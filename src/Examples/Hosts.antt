-- ===== src/Examples/Hosts.antt =====
-- Runs and instances for the boundary of src/hosts/host_boundary.py.
use l.Base.{ℕ, Bool, true, false, some, none, [], ◌∷◌, ◌≡◌, refl, arith}
use l.Base.Results.{Result, err}
use l.Boundary.{
  LinuxFd, LinuxChild, linux_rollback, SystemCall, close, kill_pidfd, wait_pidfd, no_host, linux,
  Raised, trap_sig, call_trap, World, boundary_call, cut_stacks,
}
use l.Boundary.Recovers.{Contained, boundary_call-Contained}
use l.Boundary.Nested.{count_if, rollback_nested}

abbrev open_fd : ℕ → LinuxFd
open_fd n = record { fd = n; closed = false }

abbrev closed_fd : ℕ → LinuxFd
closed_fd n = record { fd = n; closed = true }

abbrev child : LinuxChild
child = record { pid = 40; pidfd = some 9; pgid = 40; waited = false }

abbrev before : World no_host no_host linux ℕ ℕ
before = record {
  proc_state = tt;
  term_state = tt;
  linux_state = record { fds = open_fd 3 ∷ []; children = []; calls = [] };
  stacks = (1 ∷ []) ∷ [];
}

abbrev left : World no_host no_host linux ℕ ℕ
left = record {
  proc_state = tt;
  term_state = tt;
  linux_state = record { fds = open_fd 3 ∷ open_fd 7 ∷ []; children = child ∷ []; calls = [] };
  stacks = (1 ∷ 2 ∷ 3 ∷ []) ∷ [];
}

abbrev after : World no_host no_host linux ℕ ℕ
after = record {
  proc_state = tt;
  term_state = tt;
  linux_state = record {
    fds = open_fd 3 ∷ closed_fd 7 ∷ [];
    children = record { pid = 40; pidfd = none; pgid = 40; waited = true } ∷ [];
    calls = close 7 ∷ kill_pidfd 9 40 ∷ wait_pidfd 9 ∷ close 9 ∷ [];
  };
  stacks = (1 ∷ []) ∷ [];
}

-- opens a descriptor, starts a child, and traps two calls deep
abbrev callback :
    World no_host no_host linux ℕ ℕ → Result Raised ℕ × World no_host no_host linux ℕ ℕ
callback w = (err (trap_sig "out of range"), left)

contains_trap :
    boundary_call no_host no_host linux ℕ ℕ callback before ≡ (call_trap "out of range", after)
unfolding boundary_call linux_rollback cut_stacks
contains_trap = refl

boundary_call-Contained_example : Contained no_host no_host ℕ ℕ callback "out of range" before after
boundary_call-Contained_example =
    boundary_call-Contained no_host no_host ℕ ℕ callback "out of range" before after contains_trap

abbrev is_close : SystemCall → Bool
is_close (close n) = true
is_close _ = false

rollback_nested_example :
    ((linux_rollback (1, 0) (linux_rollback (2, 1) left.linux_state)).fds
      ≡ (linux_rollback (1, 0) left.linux_state).fds)
    × ((linux_rollback (1, 0) (linux_rollback (2, 1) left.linux_state)).children
        ≡ (linux_rollback (1, 0) left.linux_state).children)
    × (count_if is_close (linux_rollback (1, 0) (linux_rollback (2, 1) left.linux_state)).calls ≡ 2)
rollback_nested_example =
    rollback_nested (1, 0) (2, 1) left.linux_state is_close (omega arith) (omega arith)
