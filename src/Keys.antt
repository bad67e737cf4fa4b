-- ===== src/Keys.antt =====
-- src/lang/term_keys.py, class `KeyReader`: terminal bytes framed into key events.
-- `select.select` and `os.read` are the list of what arrives: a byte, or a quiet time in which a timed
-- wait gives up. Behind its end the descriptor is closed and `os.read` returns no data.
pub mod Loops
pub mod Frames
pub mod Encoded
use Prim.Native.Nat.{bit_and}
use l.Base.{
  ℕ, zero, suc, ◌+◌, ◌-◌, ◌<◌, Bool, true, false, Option, none, some, List, [], ◌∷◌, ◌++◌, ◌==◌,
  ◌&&◌, ◌||◌, ltb, leb, if◌then◌else◌, length,
}

pub data Arrival : Type 0 where
  arrives : ℕ → Arrival
  quiet : Arrival

pub record Reader : Type 0 where
  pub pushback : List ℕ
  pub input : List Arrival

-- os.read(fd, 1), behind a select with a timeout if `timed`
unfoldable pub next_input : Bool → List Arrival → Option ℕ × List Arrival
next_input timed [] = (none, [])
next_input timed (arrives b ∷ xs) = (some b, xs)
next_input true (quiet ∷ xs) = (none, xs)
next_input false (quiet ∷ xs) = next_input false xs

unfoldable pub take_byte : Bool → List ℕ → List Arrival → Option ℕ × Reader
unfolding next_input
take_byte timed (b ∷ bs) xs = (some b, record { pushback = bs; input = xs })
take_byte timed [] xs =
    let (b, ys) = next_input timed xs in (b, record { pushback = []; input = ys })

unfoldable pub read_byte : Bool → Reader → Option ℕ × Reader
unfolding take_byte
read_byte timed r = take_byte timed r.pushback r.input

abbrev pub Event : Type 0
Event = List ℕ × Reader

-- while len(out) < 16: the rounds left are 16 - len(out)
unfoldable pub csi_loop : ℕ → List ℕ → Reader → Event
unfolding read_byte
csi_loop zero out r = (out, r)
csi_loop (suc k) out r =
    let (b, r₁) = read_byte true r in
    elim b [
      | none ↦ (out, r₁)
      | some v ↦
          if leb 0x40 v && leb v 0x7e then (out ++ v ∷ [], r₁) else csi_loop k (out ++ v ∷ []) r₁
    ]

-- while len(out) < wanted
unfoldable pub utf8_loop : ℕ → List ℕ → Reader → Event
unfolding read_byte
utf8_loop zero out r = (out, r)
utf8_loop (suc k) out r =
    let (b, r₁) = read_byte true r in
    elim b [ none ↦ (out, r₁) | some v ↦ utf8_loop k (out ++ v ∷ []) r₁ ]

unfoldable pub wanted : ℕ → ℕ
wanted first =
    if bit_and first 0xe0 == 0xc0
    then 2
    else if bit_and first 0xf0 == 0xe0
    then 3
    else if bit_and first 0xf8 == 0xf0
    then 4
    else 1

-- the bytes after ESC
unfoldable pub after_escape : Reader → Event
unfolding csi_loop
after_escape r =
    let (b, r₁) = read_byte true r in
    elim b [
      | none ↦ (0x1b ∷ [], r₁)
      | some v ↦
          if v == b'[' || v == b'O'
          then csi_loop 14 (0x1b ∷ v ∷ []) r₁
          else (0x1b ∷ [], record r₁ { pushback = r₁.pushback ++ v ∷ [] })
    ]

unfoldable pub read : Bool → Reader → Option (List ℕ) × Reader
unfolding after_escape utf8_loop wanted
read timed r =
    let (b, r₁) = read_byte timed r in
    elim b [
      | none ↦ (none, r₁)
      | some first ↦
          let (out, r₂) =
            if first == 0x1b
            then after_escape r₁
            else utf8_loop (wanted first - 1) (first ∷ []) r₁ in
          (some out, r₂)
    ]
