-- ===== src/Keys/Loops.antt =====
-- The loops of `KeyReader.read`, and the bytes that are pending before and after them.
use l.Base.{
  ℕ, zero, suc, ◌+◌, ◌-◌, ◌<◌, ◌≤◌, Bool, true, false, Option, none, some, List, [], ◌∷◌, ◌++◌, ◌≡◌,
  refl, ap, ◌∙◌, ◌&&◌, leb, if◌then◌else◌, length, length-append, arith,
}
use mathlib.Core.List.{append_assoc}
use l.Keys.{
  Arrival, arrives, quiet, Reader, next_input, take_byte, read_byte, Event, csi_loop, utf8_loop,
}

-- the bytes of the list of arrivals
abbrev pub arriving : List Arrival → List ℕ
arriving [] = []
arriving (arrives b ∷ xs) = b ∷ arriving xs
arriving (quiet ∷ xs) = arriving xs

-- every byte that the reader has still to hand out, in order
abbrev pub pending : Reader → List ℕ
pending r = r.pushback ++ arriving r.input

-- What one byte read does to a reader with these pending bytes and so many bytes pushed back.
abbrev pub ByteRead : List ℕ → ℕ → Option ℕ × Reader → Type 0
ByteRead p n (none, r) = (pending r ≡ p) × (r.pushback ≡ [])
ByteRead p n (some b, r) = (b ∷ pending r ≡ p) × (length r.pushback ≤ n - 1)

next_input-ByteRead :
    (timed : Bool) (n : ℕ) (xs : List Arrival)
    → let (b, ys) : Option ℕ × List Arrival = next_input timed xs in
      ByteRead (arriving xs) n (b, record { pushback = []; input = ys })
unfolding next_input
next_input-ByteRead timed n [] = (refl, refl)
next_input-ByteRead timed n (arrives b ∷ xs) = (refl, omega arith)
next_input-ByteRead true n (quiet ∷ xs) = (refl, refl)
next_input-ByteRead false n (quiet ∷ xs) = next_input-ByteRead false n xs

take_byte-ByteRead :
    (timed : Bool) (bs : List ℕ) (xs : List Arrival)
    → ByteRead (bs ++ arriving xs) (length bs) (take_byte timed bs xs)
unfolding take_byte
take_byte-ByteRead timed [] xs = next_input-ByteRead timed 0 xs
take_byte-ByteRead timed (b ∷ bs) xs = (refl, omega arith)

pub read_byte-ByteRead :
    (timed : Bool) (r : Reader) → ByteRead (pending r) (length r.pushback) (read_byte timed r)
unfolding read_byte
read_byte-ByteRead timed r = take_byte-ByteRead timed r.pushback r.input

-- An event at the end of a reading that began with these bytes pending: it took its bytes off the
-- front of them, has at least one and at most n, and leaves at most k bytes pushed back.
pub record IsEvent (p : List ℕ) (n k : ℕ) (e : Event) : Type 0 where
  pub conserves : e.0 ++ pending e.1 ≡ p
  pub some_bytes : 0 < length e.0
  pub at_most : length e.0 ≤ n
  pub pushed : length e.1.pushback ≤ k

pub extend_out : (out : List ℕ) (v : ℕ) (q p : List ℕ) → v ∷ q ≡ p → (out ++ v ∷ []) ++ q ≡ out ++ p
extend_out out v q p h = append_assoc out (v ∷ []) q ∙ ap (λ t. out ++ t) h

pub length-snoc : (out : List ℕ) (v : ℕ) → length (out ++ v ∷ []) ≡ length out + 1
length-snoc out v = omega (arith, length-append out (v ∷ []))

pub csi_loop-IsEvent :
    (k j : ℕ) (out : List ℕ) (r : Reader)
    → 0 < length out
    → length r.pushback ≤ j
    → IsEvent (out ++ pending r) (length out + k) j (csi_loop k out r)
unfolding csi_loop
csi_loop-IsEvent zero j out r h e = record {
  conserves = refl;
  some_bytes = h;
  at_most = omega arith;
  pushed = e;
}
csi_loop-IsEvent (suc k) j out r h e =
    go (read_byte true r) (read_byte-ByteRead true r) (csi_loop-IsEvent k j)
  where
    go :
        (a : Option ℕ × Reader)
        → ByteRead (pending r) (length r.pushback) a
        → ((out' : List ℕ) (r' : Reader)
            → 0 < length out'
            → length r'.pushback ≤ j
            → IsEvent (out' ++ pending r') (length out' + k) j (csi_loop k out' r'))
        → IsEvent (out ++ pending r) (length out + suc k) j (
            let (b, r₁) = a in
            elim b [
              | none ↦ (out, r₁)
              | some v ↦
                  if leb 0x40 v && leb v 0x7e
                  then (out ++ v ∷ [], r₁)
                  else csi_loop k (out ++ v ∷ []) r₁
            ])
    go (none, r₁) (c, p) ih = record {
      conserves = ap (λ t. out ++ t) c;
      some_bytes = h;
      at_most = omega arith;
      pushed = rw p (omega arith);
    }
    go (some v, r₁) (c, p) ih =
        let more = ih (out ++ v ∷ []) r₁ (omega (arith, length-snoc out v)) (omega (arith, p, e)) in
        elim (leb 0x40 v && leb v 0x7e)
          as (λ t.
            IsEvent (out ++ pending r) (length out + suc k) j
              (if t then (out ++ v ∷ [], r₁) else csi_loop k (out ++ v ∷ []) r₁)) [
                | true ↦ record {
                  conserves = extend_out out v (pending r₁) (pending r) c;
                  some_bytes = omega (arith, length-snoc out v);
                  at_most = omega (arith, length-snoc out v);
                  pushed = omega (arith, p, e);
                }
                | false ↦ record {
                  conserves = more.conserves ∙ extend_out out v (pending r₁) (pending r) c;
                  some_bytes = more.some_bytes;
                  at_most = omega (arith, length-snoc out v, more.at_most);
                  pushed = more.pushed;
                }
              ]

pub utf8_loop-IsEvent :
    (k j : ℕ) (out : List ℕ) (r : Reader)
    → 0 < length out
    → length r.pushback ≤ j
    → IsEvent (out ++ pending r) (length out + k) j (utf8_loop k out r)
unfolding utf8_loop
utf8_loop-IsEvent zero j out r h e = record {
  conserves = refl;
  some_bytes = h;
  at_most = omega arith;
  pushed = e;
}
utf8_loop-IsEvent (suc k) j out r h e =
    go (read_byte true r) (read_byte-ByteRead true r) (utf8_loop-IsEvent k j)
  where
    go :
        (a : Option ℕ × Reader)
        → ByteRead (pending r) (length r.pushback) a
        → ((out' : List ℕ) (r' : Reader)
            → 0 < length out'
            → length r'.pushback ≤ j
            → IsEvent (out' ++ pending r') (length out' + k) j (utf8_loop k out' r'))
        → IsEvent (out ++ pending r) (length out + suc k) j (
            let (b, r₁) = a in
            elim b [ none ↦ (out, r₁) | some v ↦ utf8_loop k (out ++ v ∷ []) r₁ ])
    go (none, r₁) (c, p) ih = record {
      conserves = ap (λ t. out ++ t) c;
      some_bytes = h;
      at_most = omega arith;
      pushed = rw p (omega arith);
    }
    go (some v, r₁) (c, p) ih =
        let more = ih (out ++ v ∷ []) r₁ (omega (arith, length-snoc out v)) (omega (arith, p, e)) in
        record {
          conserves = more.conserves ∙ extend_out out v (pending r₁) (pending r) c;
          some_bytes = more.some_bytes;
          at_most = omega (arith, length-snoc out v, more.at_most);
          pushed = more.pushed;
        }
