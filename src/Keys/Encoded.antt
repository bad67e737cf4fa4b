-- ===== src/Keys/Encoded.antt =====
-- `KeyReader.read` on characters in UTF-8.
use l.Base.{
  ℕ, zero, suc, ◌+◌, ◌-◌, ◌/◌, ◌%◌, ◌<◌, ◌≢◌, Bool, true, false, Option, some, List, [], ◌∷◌, ◌++◌,
  ◌≡◌, refl, sym, ap, ◌∙◌, ◌==◌, ◌&&◌, ltb, if◌then◌else◌, length, arith, Bool-cases, inl, inr,
}
use mathlib.Core.List.{append_assoc, append-nil}
use l.Lexer.Chars.{utf8}
use l.Keys.{Arrival, arrives, Reader, utf8_loop, wanted, read}

-- the bytes arrive one after the other, and then the rest
abbrev pub then_rest : List ℕ → List Arrival → List Arrival
then_rest [] rest = rest
then_rest (b ∷ bs) rest = arrives b ∷ then_rest bs rest

abbrev pub waiting : List Arrival → Reader
waiting xs = record { pushback = []; input = xs }

-- the length of an encoding, by the range of its first byte
abbrev width : ℕ → ℕ
width b =
    if ltb b 0xc0
    then 1
    else if ltb b 0xe0
    then 2
    else if ltb b 0xf0
    then 3
    else if ltb b 0xf8
    then 4
    else 1

abbrev all_below : ℕ → (ℕ → Bool) → Bool
all_below zero p = true
all_below (suc n) p = p n && all_below n p

all_below_lem : (n : ℕ) (p : ℕ → Bool) → all_below n p ≡ true → (b : ℕ) → b < n → p b ≡ true
all_below_lem zero p h b lt = absurd (omega arith)
all_below_lem (suc n) p h b lt = elim (Bool-cases (b == n)) [
  | inl e ↦ let same : b ≡ n = ground arith in rw same (l.Base.and_left (p n) (all_below n p) h)
  | inr e ↦ all_below_lem n p (l.Base.and_right (p n) (all_below n p) h) b (ground arith)
]

table : all_below 256 (λ b. wanted b == width b) ≡ true
unfolding wanted
table = refl

wanted-width : (b : ℕ) → b < 256 → wanted b ≡ width b
wanted-width b lt = let e = all_below_lem 256 (λ b. wanted b == width b) table b lt in ground arith

utf8_loop_all :
    (tail out : List ℕ) (rest : List Arrival)
    → utf8_loop (length tail) out (waiting (then_rest tail rest)) ≡ (out ++ tail, waiting rest)
unfolding utf8_loop
utf8_loop_all [] out rest = ap (λ t. (t, waiting rest)) (sym (append-nil out))
utf8_loop_all (b ∷ tail) out rest =
    utf8_loop_all tail (out ++ b ∷ []) rest
    ∙ ap (λ t. (t, waiting rest)) (append_assoc out (b ∷ []) tail)

read_lead :
    (timed : Bool) (first : ℕ) (tail : List ℕ) (rest : List Arrival)
    → (first == 0x1b) ≡ false
    → wanted first - 1 ≡ length tail
    → read timed (waiting (then_rest (first ∷ tail) rest)) ≡ (some (first ∷ tail), waiting rest)
unfolding read
read_lead timed first tail rest n w =
    let all = utf8_loop_all tail (first ∷ []) rest in rw (n, w, all)

-- A character other than Escape that arrives in UTF-8 is one event, whatever arrives behind it.
pub read-utf8 :
    (timed : Bool) (c : ℕ) (rest : List Arrival)
    → c < 0x110000
    → c ≢ 0x1b
    → read timed (waiting (then_rest (utf8 c) rest)) ≡ (some (utf8 c), waiting rest)
unfolding utf8
read-utf8 timed c rest lt ne = elim (Bool-cases (ltb c 0x80)) [
  | inl e ↦
      let w = wanted-width c (ground arith) in
      rw e (read_lead timed c [] rest (ground arith) (ground (arith, w)))
  | inr e ↦ elim (Bool-cases (ltb c 0x800)) [
    | inl e₁ ↦
        let b = 0xc0 + c / 64 in
        let w = wanted-width b (ground arith) in
        rw (e, e₁)
          (read_lead timed b ((0x80 + c % 64) ∷ []) rest (ground arith) (ground (arith, w)))
    | inr e₁ ↦ elim (Bool-cases (ltb c 0x10000)) [
      | inl e₂ ↦
          let b = 0xe0 + c / 4096 in
          let w = wanted-width b (ground arith) in
          rw (e, e₁, e₂)
            (read_lead timed b ((0x80 + c / 64 % 64) ∷ (0x80 + c % 64) ∷ []) rest (ground arith)
              (ground (arith, w)))
      | inr e₂ ↦
          let b = 0xf0 + c / 262144 in
          let w = wanted-width b (ground arith) in
          rw (e, e₁, e₂)
            (read_lead timed b
              ((0x80 + c / 4096 % 64) ∷ (0x80 + c / 64 % 64) ∷ (0x80 + c % 64) ∷ []) rest
              (ground arith) (ground (arith, w)))
    ]
  ]
]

══════════════════════════════

WORK ORDER
Where a line of the records contains the word "children", count it; state only the final tally.

SOLUTION
5